— День моего рождения, место рождения и что я тут делаю? Ты об этом?
— Почему тебе дали постоянное право на жительство? Это тоже там написано?
Ассад кивнул:
— Меня убьют, если я вернусь домой, — такое вот дело! Власти Сирии не очень любили меня, понимаешь!
— За что?
— У нас были разные взгляды, этого достаточно.
— Достаточно для чего?
— Сирия — большая страна. Люди иногда просто исчезают.
— Ладно, ты уверен, что тебя убьют, если ты вернешься?
— Именно так, Карл.
— Ты работал на американцев?
Ассад резко повернулся к нему:
— Почему ты так говоришь?
Карл отвернулся.
— Сам не знаю. Я просто спросил.
Когда он в последний раз был в старом полицейском участке Сорё на Сторгаде, тот принадлежал шестнадцатому округу рингстедской полиции. Сейчас он был отнесен к Южнозеландскому и Лолланд–Фальстерскому округу, но стены из красного кирпича ничуть не изменились, из–за барьера смотрели те же лица, и обязанностей ни у кого не убавилось. И какой был смысл переписывать людей из одной графы в другую?
Карл ожидал, что кто–нибудь из здешних криминалистов попросит его еще раз описать клетчатую рубашку. Но нет! Все оказалось не так примитивно. В кабинете размером с чуланчик Ассада гостя встретили четверо полицейских с такими лицами, как будто каждый из них потерял в неприятном ночном происшествии близкого родственника.
— Йоргенсен! — объявил один из них, протягивая Карлу руку.
Рука оказалась холодна как лед. Наверняка этот Йоргенсен несколько часов тому назад смотрел в глаза тем парням, которые были убиты из монтажного пистолета. В таком случае он уж точно за эту ночь ни секунды не спал.
— Хочешь осмотреть место преступления? — спросил один из ребят.
— Это необходимо?
— Там картина немного иная, чем на Амагере.

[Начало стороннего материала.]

-- ===== src/History/Numbering.antt =====
-- Sequence numbers and times of the events, along appending and cutting.
use docker_map.Common.{
  ℕ, zero, suc, ◌+◌, ◌-◌, ◌≤◌, ◌≡◌, refl, sym, ap, ◌∙◌, List, [], ◌∷◌, ◌++◌, map, Option, none,
  some, arith, length, drop, All, All-append, Text,
}
use docker_map.Models.{ObservedChangeEvent}
use docker_map.History.{max_safe_js_integer, event_id}
use docker_map.History.Changes.{Change, numbered}

-- Consecutive identities behind a sequence number.
abbrev pub ids : Text → ℕ → ℕ → List Text
ids boot n zero = []
ids boot n (suc k) = event_id boot (n + 1) ∷ ids boot (n + 1) k

abbrev pub ids_of : List ObservedChangeEvent → List Text
ids_of = map (λ e. e.id)

-- Oldest first.
abbrev pub IsChronological : List ObservedChangeEvent → Type 0
IsChronological [] = Unit {0}
IsChronological (e ∷ es) = All (λ x. e.observed_at_ms ≤ x.observed_at_ms) es × IsChronological es

abbrev pub IsBy : Option ℕ → List ObservedChangeEvent → Type 0
IsBy none es = es ≡ []
IsBy (some t) es = All (λ x. x.observed_at_ms ≤ t) es × (t ≤ max_safe_js_integer)

pub ids_at : (boot : Text) {n n' k k' : ℕ} → n ≡ n' → k ≡ k' → ids boot n k ≡ ids boot n' k'
ids_at boot a b = cc

pub ids-drop : (boot : Text) (j n k : ℕ) → drop j (ids boot n k) ≡ ids boot (n + j) (k - j)
ids-drop boot zero n k = ids_at boot (omega arith) (omega arith)
ids-drop boot (suc j) n zero = ids_at boot {n = n + suc j} {k = 0} refl (omega arith)
ids-drop boot (suc j) n (suc k) =
    ids-drop boot j (n + 1) k ∙ ids_at boot (omega arith) (omega arith)

pub ids-append : (boot : Text) (n j k : ℕ) → ids boot n j ++ ids boot (n + j) k ≡ ids boot n (j + k)
ids-append boot n zero k = ids_at boot (omega arith) (omega arith)
ids-append boot n (suc j) k =
    let l : suc j + k ≡ suc (j + k) = omega arith in
    ap (◌∷◌ (event_id boot (n + 1))) (
      ap (◌++◌ (ids boot (n + 1) j)) (ids_at boot (omega arith) refl) ∙ ids-append boot (n + 1) j k)
    ∙ ids_at boot {n = n} refl (sym l)

pub ids_of-drop : (j : ℕ) (es : List ObservedChangeEvent) → ids_of (drop j es) ≡ drop j (ids_of es)
ids_of-drop zero es = refl
ids_of-drop (suc j) [] = refl
ids_of-drop (suc j) (e ∷ es) = ids_of-drop j es

pub ids_of-append : (es fs : List ObservedChangeEvent) → ids_of (es ++ fs) ≡ ids_of es ++ ids_of fs
ids_of-append [] fs = refl
ids_of-append (e ∷ es) fs = ap (◌∷◌ e.id) (ids_of-append es fs)

pub ids_of-numbered :
    (boot : Text) (now n : ℕ) (cs : List Change)
    → ids_of (numbered boot now n cs) ≡ ids boot n (length cs)
unfolding numbered
ids_of-numbered boot now n [] = refl
ids_of-numbered boot now n (c ∷ cs) =
    ap (◌∷◌ (event_id boot (n + 1))) (ids_of-numbered boot now (n + 1) cs)

pub All-drop :
    (P : ObservedChangeEvent → Type 0) (j : ℕ) (es : List ObservedChangeEvent)
    → All P es
    → All P (drop j es)
All-drop P zero es h = h
All-drop P (suc j) [] h = tt
All-drop P (suc j) (e ∷ es) h = All-drop P j es h.1

pub drop-IsChronological :
    (j : ℕ) (es : List ObservedChangeEvent) → IsChronological es → IsChronological (drop j es)
drop-IsChronological zero es h = h
drop-IsChronological (suc j) [] h = tt
drop-IsChronological (suc j) (e ∷ es) h = drop-IsChronological j es h.1

pub numbered_at :
    (P : ℕ → Type 0) (boot : Text) (now n : ℕ) (cs : List Change)
    → P now
    → All (λ x. P x.observed_at_ms) (numbered boot now n cs)
unfolding numbered
numbered_at P boot now n [] h = tt
numbered_at P boot now n (c ∷ cs) h = (h, numbered_at P boot now (n + 1) cs h)

pub numbered-IsChronological :
    (boot : Text) (now n : ℕ) (cs : List Change) → IsChronological (numbered boot now n cs)
unfolding numbered
numbered-IsChronological boot now n [] = tt
numbered-IsChronological boot now n (c ∷ cs) = (
  numbered_at (λ t. now ≤ t) boot now (n + 1) cs (omega arith),
  numbered-IsChronological boot now (n + 1) cs,
)

pub append-IsChronological :
    (now : ℕ) (es fs : List ObservedChangeEvent)
    → IsChronological es
    → IsChronological fs
    → All (λ x. x.observed_at_ms ≤ now) es
    → All (λ x. now ≤ x.observed_at_ms) fs
    → IsChronological (es ++ fs)
append-IsChronological now [] fs a b c d = b
append-IsChronological now (e ∷ es) fs a b c d = (
  All-append (λ x. e.observed_at_ms ≤ x.observed_at_ms) es fs a.0 (later fs d),
  append-IsChronological now es fs a.1 b c.1 d,
)
  where
    later :
        (fs : List ObservedChangeEvent)
        → All (λ x. now ≤ x.observed_at_ms) fs
        → All (λ x. e.observed_at_ms ≤ x.observed_at_ms) fs
    later [] w = tt
    later (f ∷ fs) w = (omega (arith, c.0, w.0), later fs w.1)
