-- ===== src/History/Invariant.antt =====
-- What the observed history keeps to, from one observation to the next.
use docker_map.Common.{
  ℕ, ◌+◌, ◌-◌, ◌≤◌, ◌≡◌, refl, ap, ◌∙◌, false, List, [], ◌∷◌, ◌++◌, none, some, arith, length,
  length-append, drop, length-drop, All, All-append, Text, inl, inr, Bool-cases, Option-cases,
  subst,
}
use docker_map.Common.Decimal.{max_u64}
use docker_map.Models.{DockerSnapshot, ObservedChangeEvent}
use docker_map.History.{
  ObservedHistoryCache, new, max_observed_change_events, max_safe_js_integer, is_untimely,
  observe_published_snapshot,
}
use docker_map.History.Inventory.{ObservedContainerInventory, observed_container_inventory}
use docker_map.History.Changes.{Change, changes, numbered, latest, length-latest, length-numbered}
use docker_map.History.Pushes.{observe_published_snapshot-changes}
use docker_map.History.Numbering.{
  ids, ids_of, IsChronological, IsBy, ids_at, ids-drop, ids-append, ids_of-drop, ids_of-append,
  ids_of-numbered, All-drop, drop-IsChronological, numbered_at, numbered-IsChronological,
  append-IsChronological,
}

-- At most 64 events, in order of time, none later than the last observation, with the last
-- consecutive sequence numbers; and none without a baseline.
pub record IsHistory (h : ObservedHistoryCache) : Type 0 where
  pub few : length h.events ≤ max_observed_change_events
  pub counted : (length h.events ≤ h.next_sequence) × (h.next_sequence ≤ max_u64)
  pub consecutive :
      ids_of h.events ≡ ids h.boot (h.next_sequence - length h.events) (length h.events)
  pub chronological : IsChronological h.events
  pub by : IsBy h.last_observed_at_ms h.events
  pub based : h.baseline ≡ none → h.events ≡ []

-- No clock that is timely runs backwards.
by_now :
    (h : ObservedHistoryCache) (now : ℕ)
    → is_untimely h now ≡ false
    → IsBy h.last_observed_at_ms h.events
    → All (λ x. x.observed_at_ms ≤ now) h.events × (now ≤ max_safe_js_integer)
by_now h now timely b = elim (Option-cases h.last_observed_at_ms) [
  | inl e ↦
      let none_yet : h.events ≡ [] = subst (λ o. IsBy o h.events) e b in
      (rw none_yet tt, ground arith)
  | inr (t, e) ↦
      let (old, safe) : IsBy (some t) h.events = subst (λ o. IsBy o h.events) e b in
      (up t h.events old (ground arith), ground arith)
]
  where
    up :
        (t : ℕ) (es : List ObservedChangeEvent)
        → All (λ x. x.observed_at_ms ≤ t) es
        → t ≤ now
        → All (λ x. x.observed_at_ms ≤ now) es
    up t [] w l = tt
    up t (e ∷ es) w l = (omega (arith, w.0), up t es w.1 l)

abbrev step :
    DockerSnapshot
    → ObservedContainerInventory
    → List Change
    → ObservedHistoryCache
    → ObservedHistoryCache
step snapshot current cs h = record {
  boot = h.boot;
  next_sequence = h.next_sequence + length cs;
  last_observed_at_ms = some snapshot.last_updated;
  baseline = some current;
  events = latest (h.events ++ numbered h.boot snapshot.last_updated h.next_sequence cs);
}

consecutive_step :
    (h : ObservedHistoryCache) (now : ℕ) (cs : List Change)
    → length h.events ≤ h.next_sequence
    → ids_of h.events ≡ ids h.boot (h.next_sequence - length h.events) (length h.events)
    → let es = h.events ++ numbered h.boot now h.next_sequence cs in
      ids_of (latest es)
      ≡ ids h.boot (h.next_sequence + length cs - length (latest es)) (length (latest es))
consecutive_step h now cs counted consecutive =
    let fs = numbered h.boot now h.next_sequence cs in
    let es = h.events ++ fs in
    let k = length es - max_observed_change_events in
    let l : length es ≡ length h.events + length cs =
      omega (arith, length-append h.events fs, length-numbered h.boot now h.next_sequence cs) in
    let whole : ids_of es
        ≡ ids h.boot (h.next_sequence - length h.events) (length h.events + length cs) =
      ids_of-append h.events fs
      ∙ ap (λ a. a ++ ids_of fs) consecutive
      ∙ ap (◌++◌ (ids h.boot (h.next_sequence - length h.events) (length h.events)))
          (ids_of-numbered h.boot now h.next_sequence cs ∙ ids_at h.boot (omega arith) refl)
      ∙ ids-append h.boot (h.next_sequence - length h.events) (length h.events) (length cs) in
    ids_of-drop k es
    ∙ ap (drop k) whole
    ∙ ids-drop h.boot k (h.next_sequence - length h.events) (length h.events + length cs)
    ∙ ids_at h.boot (omega (arith, length-drop k es, l)) (omega (arith, length-drop k es, l))

step-IsHistory :
    (snapshot : DockerSnapshot) (current : ObservedContainerInventory) (cs : List Change)
    (h : ObservedHistoryCache)
    → is_untimely h snapshot.last_updated ≡ false
    → h.next_sequence + length cs ≤ max_u64
    → IsHistory h
    → IsHistory (step snapshot current cs h)
step-IsHistory snapshot current cs h timely room w =
    let now = snapshot.last_updated in
    let fs = numbered h.boot now h.next_sequence cs in
    let es = h.events ++ fs in
    let k = length es - max_observed_change_events in
    let (old, safe) = by_now h now timely w.by in
    record {
      few = length-latest es;
      counted = (
        omega (
          arith,
          length-drop k es,
          length-append h.events fs,
          length-numbered h.boot now h.next_sequence cs,
          w.counted.0,
        ),
        room,
      );
      consecutive = consecutive_step h now cs w.counted.0 w.consecutive;
      chronological = drop-IsChronological k es (
          append-IsChronological now h.events fs w.chronological
            (numbered-IsChronological h.boot now h.next_sequence cs) old
            (numbered_at (λ t. now ≤ t) h.boot now h.next_sequence cs (omega arith)));
      by = (
        All-drop (λ x. x.observed_at_ms ≤ now) k es
            (All-append (λ x. x.observed_at_ms ≤ now) h.events fs old
              (numbered_at (λ t. t ≤ now) h.boot now h.next_sequence cs (omega arith))),
        safe,
      );
      based = λ e. absurd (cc e);
    }

-- A history begins within its bounds.
pub new-IsHistory : (boot : Text) → IsHistory (new boot)
unfolding new
new-IsHistory boot = record {
  few = omega arith;
  counted = (omega arith, omega arith);
  consecutive = refl;
  chronological = tt;
  by = refl;
  based = λ e. refl;
}

abbrev rebaselined : Text → ObservedContainerInventory → ObservedHistoryCache
rebaselined fresh_boot current = record {
  boot = fresh_boot;
  next_sequence = 0;
  last_observed_at_ms = none;
  baseline = some current;
  events = [];
}

abbrev established : ℕ → ObservedContainerInventory → ObservedHistoryCache → ObservedHistoryCache
established now current h = record {
  boot = h.boot;
  next_sequence = h.next_sequence;
  last_observed_at_ms = some now;
  baseline = some current;
  events = h.events;
}

rebaselined-IsHistory :
    (fresh_boot : Text) (current : ObservedContainerInventory)
    → IsHistory (rebaselined fresh_boot current)
rebaselined-IsHistory fresh_boot current = record {
  few = omega arith;
  counted = (omega arith, omega arith);
  consecutive = refl;
  chronological = tt;
  by = refl;
  based = λ e. absurd (cc e);
}

established-IsHistory :
    (now : ℕ) (current : ObservedContainerInventory) (h : ObservedHistoryCache)
    → is_untimely h now ≡ false
    → IsHistory h
    → IsHistory (established now current h)
established-IsHistory now current h timely w = record {
  few = w.few;
  counted = w.counted;
  consecutive = w.consecutive;
  chronological = w.chronological;
  by = by_now h now timely w.by;
  based = λ e. absurd (cc e);
}

-- Observing a snapshot does not fail while the sequence number has room for the changes, and keeps
-- the history within its bounds, whatever the clock says: at most 64 events, in order of time, none
-- later than the last observation, under consecutive sequence numbers.
pub observe_published_snapshot-IsHistory :
    (sha256 : Text → List ℕ) (fresh_boot : Text) (snapshot : DockerSnapshot)
    (h : ObservedHistoryCache)
    → ((previous : ObservedContainerInventory)
        → h.baseline ≡ some previous
        → h.next_sequence + length (changes previous (observed_container_inventory sha256 snapshot))
          ≤ max_u64)
    → IsHistory h
    → (h' : ObservedHistoryCache) × (observe_published_snapshot sha256 fresh_boot snapshot h
        ≡ some h')
      × IsHistory h'
observe_published_snapshot-IsHistory sha256 fresh_boot snapshot h room w =
    let current = observed_container_inventory sha256 snapshot in
    elim (Bool-cases (is_untimely h snapshot.last_updated)) [
      | inl untimely ↦ (
        rebaselined fresh_boot current,
        unfold observe_published_snapshot in rw untimely refl,
        rebaselined-IsHistory fresh_boot current,
      )
      | inr timely ↦ elim (Option-cases h.baseline) [
        | inl e ↦ (
          established snapshot.last_updated current h,
          unfold observe_published_snapshot in rw (timely, e) refl,
          established-IsHistory snapshot.last_updated current h timely w,
        )
        | inr (previous, e) ↦ (
          step snapshot current (changes previous current) h,
          observe_published_snapshot-changes sha256 fresh_boot snapshot h previous timely e w.few
              (room previous e),
          step-IsHistory snapshot current (changes previous current) h timely (room previous e) w,
        )
      ]
    ]
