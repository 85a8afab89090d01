-- ===== src/History/Replay.antt =====
-- Replaying the events of an observation turns what the first inventory tells into what the second
-- tells.
use docker_map.Common.{
  ℕ, ◌+◌, ◌≤◌, length, ◌≡◌, refl, ap, ◌∙◌, false, List, [], ◌∷◌, ◌++◌, some, arith, if◌then◌else◌,
  Text, text_eq,
}
use docker_map.Common.Maps.{get, contains_key, text_Ord}
use docker_map.Models.{DockerSnapshot, ObservedChangeEvent}
use docker_map.History.{
  ObservedHistoryCache, is_untimely, observe_published_snapshot, max_observed_change_events,
}
use docker_map.History.Pushes.{observe_published_snapshot-changes}
use docker_map.History.Inventory.{observed_container_inventory}
use docker_map.History.Changes.{Change, changes, numbered, latest, latest_few, length-numbered}
use docker_map.Common.Decimal.{max_u64}
use docker_map.History.Diffs.{View, replay, replay-changes}

-- An event tells of its container what a change does.
abbrev pub replay_events : List ObservedChangeEvent → View → View
replay_events [] view id = view id
replay_events (e ∷ es) view id =
    replay_events es (λ x. if text_eq x e.container_id then e.current_status else view x) id

replay_events-numbered :
    (boot : Text) (at n : ℕ) (cs : List Change) (view : View) (id : Text)
    → replay_events (numbered boot at n cs) view id ≡ replay cs view id
unfolding numbered
replay_events-numbered boot at n [] view id = refl
replay_events-numbered boot at n (c ∷ cs) view id = replay_events-numbered boot at (n + 1) cs _ id

-- From an empty history with the inventory of one snapshot as its baseline, a second snapshot with a
-- timely clock leaves events that, replayed on what the first inventory tells, yield what the second
-- tells, of every identity that no two containers of either snapshot have. There must be no more
-- than 64 changes, and room for them in the sequence number.
pub replay-observe_published_snapshot :
    (sha256 : Text → List ℕ) (fresh_boot : Text) (before now : DockerSnapshot)
    (h : ObservedHistoryCache) (id : Text)
    → is_untimely h now.last_updated ≡ false
    → h.baseline ≡ some (observed_container_inventory sha256 before)
    → h.events ≡ []
    → length (
        changes
          (observed_container_inventory sha256 before)
          (observed_container_inventory sha256 now))
      ≤ max_observed_change_events
    → h.next_sequence
        + length (
            changes
              (observed_container_inventory sha256 before)
              (observed_container_inventory sha256 now))
      ≤ max_u64
    → contains_key id (observed_container_inventory sha256 before).ambiguous_ids ≡ false
    → contains_key id (observed_container_inventory sha256 now).ambiguous_ids ≡ false
    → (h' : ObservedHistoryCache) × (observe_published_snapshot sha256 fresh_boot now h ≡ some h')
      × (replay_events h'.events
            (λ x. get x (observed_container_inventory sha256 before).containers)
            id
          ≡ get id (observed_container_inventory sha256 now).containers)
replay-observe_published_snapshot sha256 fresh_boot before now h id timely base empty few room once
      once' =
    let previous = observed_container_inventory sha256 before in
    let current = observed_container_inventory sha256 now in
    let cs = changes previous current in
    let es = numbered h.boot now.last_updated h.next_sequence cs in
    let view : View = λ x. get x previous.containers in
    let kept : latest (h.events ++ es) ≡ es =
      ap (λ old. latest (old ++ es)) empty
      ∙ latest_few es (omega (arith, length-numbered h.boot now.last_updated h.next_sequence cs)) in
    (
      record {
        boot = h.boot;
        next_sequence = h.next_sequence + length cs;
        last_observed_at_ms = some now.last_updated;
        baseline = some current;
        events = latest (h.events ++ es);
      },
      observe_published_snapshot-changes sha256 fresh_boot now h previous timely base
          (rw empty (omega arith)) room,
      ap (λ l. replay_events l view id) kept
          ∙ replay_events-numbered h.boot now.last_updated h.next_sequence cs view id
          ∙ replay-changes sha256 before now id once once',
    )
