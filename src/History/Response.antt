-- ===== src/History/Response.antt =====
-- What the history route answers.
use mathlib.Core.List.{reverse, reverse-cons}
use docker_map.Common.{
  ◌≤◌, ◌≡◌, ◌≢◌, ◌↔◌, refl, true, false, List, [], ◌∷◌, ◌++◌, none, some, arith, length,
  length-append, All, All-append, Text, inl, inr, Option-cases,
}
use docker_map.Models.{RuntimeMode, docker, mock, ObservedChangeEvent}
use docker_map.History.{ObservedHistoryCache, max_observed_change_events, response}
use docker_map.History.Numbering.{IsChronological}
use docker_map.History.Invariant.{IsHistory}

abbrev pub IsNewestFirst : List ObservedChangeEvent → Type 0
IsNewestFirst [] = Unit {0}
IsNewestFirst (e ∷ es) = All (λ x. x.observed_at_ms ≤ e.observed_at_ms) es × IsNewestFirst es

append-IsNewestFirst :
    (es : List ObservedChangeEvent) (e : ObservedChangeEvent)
    → IsNewestFirst es
    → All (λ x. e.observed_at_ms ≤ x.observed_at_ms) es
    → IsNewestFirst (es ++ e ∷ [])
append-IsNewestFirst [] e d h = (tt, tt)
append-IsNewestFirst (x ∷ es) e d h = (
  All-append (λ y. y.observed_at_ms ≤ x.observed_at_ms) es (e ∷ []) d.0 (h.0, tt),
  append-IsNewestFirst es e d.1 h.1,
)

All-reverse :
    (P : ObservedChangeEvent → Type 0) (es : List ObservedChangeEvent)
    → All P es
    → All P (reverse es)
All-reverse P [] h = tt
All-reverse P (e ∷ es) h =
    rw (reverse-cons e es) (All-append P (reverse es) (e ∷ []) (All-reverse P es h.1) (h.0, tt))

reverse-IsNewestFirst :
    (es : List ObservedChangeEvent) → IsChronological es → IsNewestFirst (reverse es)
reverse-IsNewestFirst [] d = tt
reverse-IsNewestFirst (e ∷ es) d = rw (reverse-cons e es) (
    append-IsNewestFirst (reverse es) e (reverse-IsNewestFirst es d.1)
      (All-reverse (λ x. e.observed_at_ms ≤ x.observed_at_ms) es d.0))

length-reverse : (es : List ObservedChangeEvent) → length (reverse es) ≡ length es
length-reverse [] = refl
length-reverse (e ∷ es) =
    rw (reverse-cons e es) (omega (arith, length-append (reverse es) (e ∷ []), length-reverse es))

-- What is answered for a history within its bounds: the source as it is; a baseline as established
-- exactly when the source is Docker and the history has one; no more than 64 events, newest first; no
-- event and no revision where no baseline is established; and the two revisions, as they are, and
-- every event kept, where one is.
pub response_lem :
    (source : RuntimeMode) (model observed : Text) (h : ObservedHistoryCache)
    → IsHistory h
    → let answer = response source model observed h in
      (answer.source ≡ source)
      × ((answer.baseline_established ≡ true) ↔ ((source ≡ docker) × (h.baseline ≢ none)))
      × IsNewestFirst answer.events
      × (length answer.events ≤ max_observed_change_events)
      × (answer.baseline_established ≡ false
          → (answer.events ≡ [])
            × (answer.current_model_revision ≡ none)
            × (answer.observed_revision ≡ none))
      × (answer.baseline_established ≡ true
          → (answer.events ≡ reverse h.events)
            × (answer.current_model_revision ≡ some model)
            × (answer.observed_revision ≡ some observed))
unfolding response
response_lem mock model observed h w = (
  refl,
  (λ e. absurd (cc e), λ e. absurd (cc e.0)),
  tt,
  omega arith,
  λ e. (refl, refl, refl),
  λ e. absurd (cc e),
)
response_lem docker model observed h w = elim (Option-cases h.baseline) [
  | inl e ↦ rw e (
    refl,
    (λ f. absurd (cc f), λ f. absurd (f.1 refl)),
    tt,
    omega arith,
    λ f. (refl, refl, refl),
    λ f. absurd (cc f),
  )
  | inr (b, e) ↦ rw e (
    refl,
    (λ f. (refl, λ n. absurd (cc n)), λ f. refl),
    reverse-IsNewestFirst h.events w.chronological,
    omega (arith, length-reverse h.events, w.few),
    λ f. absurd (cc f),
    λ f. (refl, refl, refl),
  )
]
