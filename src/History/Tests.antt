-- ===== src/History/Tests.antt =====
-- Runs of the observed history on small inputs. The digest is a stand-in that keeps texts apart.
use mathlib.Core.List.{reverse}
use docker_map.Common.{
  ◌↔◌, ℕ, ◌+◌, ◌≤◌, ◌≡◌, ◌≢◌, refl, true, false, List, [], ◌∷◌, ◌++◌, none, some, arith, length,
  is_some, Text, codes, text_eq, text_lt, trim, trim_start, is_whitespace, to_ascii_lowercase,
  contains, starts_with,
}
use docker_map.Common.Decimal.{max_u64}
use docker_map.Common.Maps.{get, insert, contains_key, text_Ord}
use docker_map.Models.{ContainerRecord, DockerSnapshot, docker}
use docker_map.History.{
  ObservedHistoryCache, max_observed_change_events, observe_published_snapshot, response,
}
use docker_map.History.Inventory.{
  observed_status_class, divide, candidates, observed_container_identity,
  observed_container_inventory,
}
use docker_map.History.Inventory.Groups.{only, several, named, observed_container_inventory_lem}
use docker_map.History.Changes.{changes, numbered, latest}
use docker_map.History.Pushes.{observe_published_snapshot-changes}
use docker_map.History.Replay.{replay_events, replay-observe_published_snapshot}
use docker_map.History.Invariant.{IsHistory, observe_published_snapshot-IsHistory}
use docker_map.History.Response.{IsNewestFirst, response_lem}

abbrev sha256 : Text → List ℕ
sha256 s = s

abbrev container : Text → Text → ContainerRecord
container id status = record {
  id = id;
  name = id;
  image = codes "nginx";
  status = status;
  role = codes "web";
  networks = [];
  ports = [];
  publishes_on_unspecified_address = false;
  mounts = [];
  depends_on = [];
}

abbrev snapshot : ℕ → List ContainerRecord → DockerSnapshot
snapshot at containers = record {
  containers = containers;
  images = [];
  networks = [];
  volumes = [];
  last_updated = at;
  model_revision = [];
  source = none;
}

abbrev first : DockerSnapshot
first =
    snapshot 10 (
      container (codes "a") (codes "Up 2 minutes")
      ∷ container (codes "b") (codes "Exited (0)")
      ∷ [])

abbrev second : DockerSnapshot
second =
    snapshot 20
      (container (codes "b") (codes "running") ∷ container (codes "c") (codes "Up 1 second") ∷ [])

abbrev start : ObservedHistoryCache
start = record {
  boot = codes "boot";
  next_sequence = 0;
  last_observed_at_ms = some 10;
  baseline = some (observed_container_inventory sha256 first);
  events = [];
}

start-IsHistory : IsHistory start
start-IsHistory = record {
  few = omega arith;
  counted = (omega arith, omega arith);
  consecutive = refl;
  chronological = tt;
  by = (tt, omega arith);
  based = λ e. refl;
}

-- `a` disappears, `b` runs, and `c` appears.
three_changes :
    length (
      changes
        (observed_container_inventory sha256 first)
        (observed_container_inventory sha256 second))
    ≡ 3
unfolding observed_container_inventory candidates divide observed_container_identity
    observed_status_class trim trim_start is_whitespace to_ascii_lowercase contains starts_with
    text_eq text_lt get insert
three_changes = refl

status_sample :
    observed_status_class (codes " Up 12 seconds (Paused)")
    ≡ observed_status_class (codes "created")
unfolding observed_status_class trim trim_start is_whitespace to_ascii_lowercase contains
    starts_with text_eq
status_sample = refl

observed_container_inventory_lem_example :
    let id = codes "docker_container_61" in
    (get id (observed_container_inventory sha256 first).containers
      ≡ only (named sha256 id first.containers))
    × (is_some (get id (observed_container_inventory sha256 first).ambiguous_ids)
        ≡ several (named sha256 id first.containers))
observed_container_inventory_lem_example =
    observed_container_inventory_lem sha256 first (codes "docker_container_61")

room :
    0
      + length (
          changes
            (observed_container_inventory sha256 first)
            (observed_container_inventory sha256 second))
    ≤ max_u64
room = omega (arith, three_changes)

observe_published_snapshot-changes_example :
    let previous = observed_container_inventory sha256 first in
    let current = observed_container_inventory sha256 second in
    observe_published_snapshot sha256 (codes "fresh") second start
    ≡ some (record {
      boot = codes "boot";
      next_sequence = 0 + length (changes previous current);
      last_observed_at_ms = some 20;
      baseline = some current;
      events = latest ([] ++ numbered (codes "boot") 20 0 (changes previous current));
    })
observe_published_snapshot-changes_example =
    observe_published_snapshot-changes sha256 (codes "fresh") second start
      (observed_container_inventory sha256 first) refl refl (omega arith) room

first_unambiguous :
    contains_key
      (codes "docker_container_61")
      (observed_container_inventory sha256 first).ambiguous_ids
    ≡ false
unfolding observed_container_inventory candidates divide observed_container_identity text_eq text_lt
    get insert
first_unambiguous = refl

second_unambiguous :
    contains_key
      (codes "docker_container_61")
      (observed_container_inventory sha256 second).ambiguous_ids
    ≡ false
unfolding observed_container_inventory candidates divide observed_container_identity text_eq text_lt
    get insert
second_unambiguous = refl

replay-observe_published_snapshot_example :
    (h' : ObservedHistoryCache) × (observe_published_snapshot sha256 (codes "fresh") second start
      ≡ some h')
    × (replay_events h'.events
          (λ x. get x (observed_container_inventory sha256 first).containers)
          (codes "docker_container_61")
        ≡ get (codes "docker_container_61") (observed_container_inventory sha256 second).containers)
replay-observe_published_snapshot_example =
    replay-observe_published_snapshot sha256 (codes "fresh") first second start
      (codes "docker_container_61") refl refl refl (omega (arith, three_changes)) room
      first_unambiguous second_unambiguous

observe_published_snapshot-IsHistory_example :
    (h' : ObservedHistoryCache) × (observe_published_snapshot sha256 (codes "fresh") second start
      ≡ some h')
    × IsHistory h'
observe_published_snapshot-IsHistory_example =
    observe_published_snapshot-IsHistory sha256 (codes "fresh") second start
      (λ previous e.
        let same : observed_container_inventory sha256 first ≡ previous = cc e in rw (← same) room)
      start-IsHistory

response_lem_example :
    let answer = response docker (codes "m") (codes "o") start in
    (answer.source ≡ docker)
    × ((answer.baseline_established ≡ true) ↔ ((docker ≡ docker) × (start.baseline ≢ none)))
    × IsNewestFirst answer.events
    × (length answer.events ≤ max_observed_change_events)
    × (answer.baseline_established ≡ false
        → (answer.events ≡ [])
          × (answer.current_model_revision ≡ none)
          × (answer.observed_revision ≡ none))
    × (answer.baseline_established ≡ true
        → (answer.events ≡ reverse start.events)
          × (answer.current_model_revision ≡ some (codes "m"))
          × (answer.observed_revision ≡ some (codes "o")))
response_lem_example = response_lem docker (codes "m") (codes "o") start start-IsHistory
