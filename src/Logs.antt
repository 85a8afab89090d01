-- ===== src/Logs.antt =====
-- crates/dockermap-core/src/logs.rs: log entries, the compound cursor, pagination, and the
-- parser of Docker's log timestamps.
pub mod Cursor
pub mod Page
pub mod Timestamp
mod Tests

Их убили в авторемонтной мастерской. Одного в гараже, другого в конторе. Стреляли с очень близкого расстояния, так как гвозди вошли очень глубоко. Их можно было обнаружить, только внимательно присмотревшись.
Другой полицейский протянул фотографии размера А4. Все так. Из черепа торчит только верхний конец гвоздя, даже крови почти нет.
— Видишь, оба были заняты работой. Руки грязные, одежда — рабочий комбинезон.
— Пропало что–нибудь?
— Ничегошеньки!
Этого слова Карл не слышал уже много лет.
— Какой работой они занимались? Дело было поздним вечером? Может, они подхалтуривали?
Криминалисты обменялись взглядами. Очевидно, они сами ломали над этим голову.
— На полу остались сотни разных следов. Похоже, там никогда не делали уборки, — вмешался в разговор Йоргенсен.
Ему явно пришлось нелегко.
— А теперь, Карл, приглядись вот к этому внимательно, — продолжил он, приподнимая покрывало на столе. — И не говори ничего, пока не сможешь ответить с полной уверенностью.
Под покрывалом обнаружились четыре рубашки в крупную красную клетку. Они лежали на столе, словно четыре лесоруба, отправившиеся на вырубку.
— Есть ли здесь похожая на ту, что ты видел на месте преступления на Амагере?
Это было самое странное опознание, в каком Карлу приходилось участвовать. Нужно было ответить на вопрос: какая рубашка это сделала? Звучит прямо как розыгрыш. Он никогда не был специалистом по рубашкам. И своих–то не помнил.
— Карл, я понимаю, что это трудно, когда прошло столько времени, — устало произнес Йоргенсен. — Но ты нам очень поможешь, если сделаешь это.
— Да с чего вы, черт побери, взяли, что убийца будет ходить в той же рубашке спустя несколько месяцев? Небось и сами в своем деревенском захолустье иногда все же меняете одежонку.
— Мы все проверяем. — Йоргенсен не обратил внимания на его тон.
— И откуда у вас такая уверенность, будто свидетель, видевший предполагаемого убийцу издалека да к тому же ночью, сумел с такой точностью запомнить рубашку преступника, что его показания окажут серьезную помощь следствию? Да эти проклятые рубашки похожи одна на другую, как четыре капли воды! Они, конечно, отличаются, но есть же наверняка тысячи других похожих.
— Человек, который их видел, работает в магазине одежды. Мы доверяем ему. Он очень точно нарисовал нам эту рубашку.
— А того, кто был в нее одет, он не нарисовал? Так было бы лучше.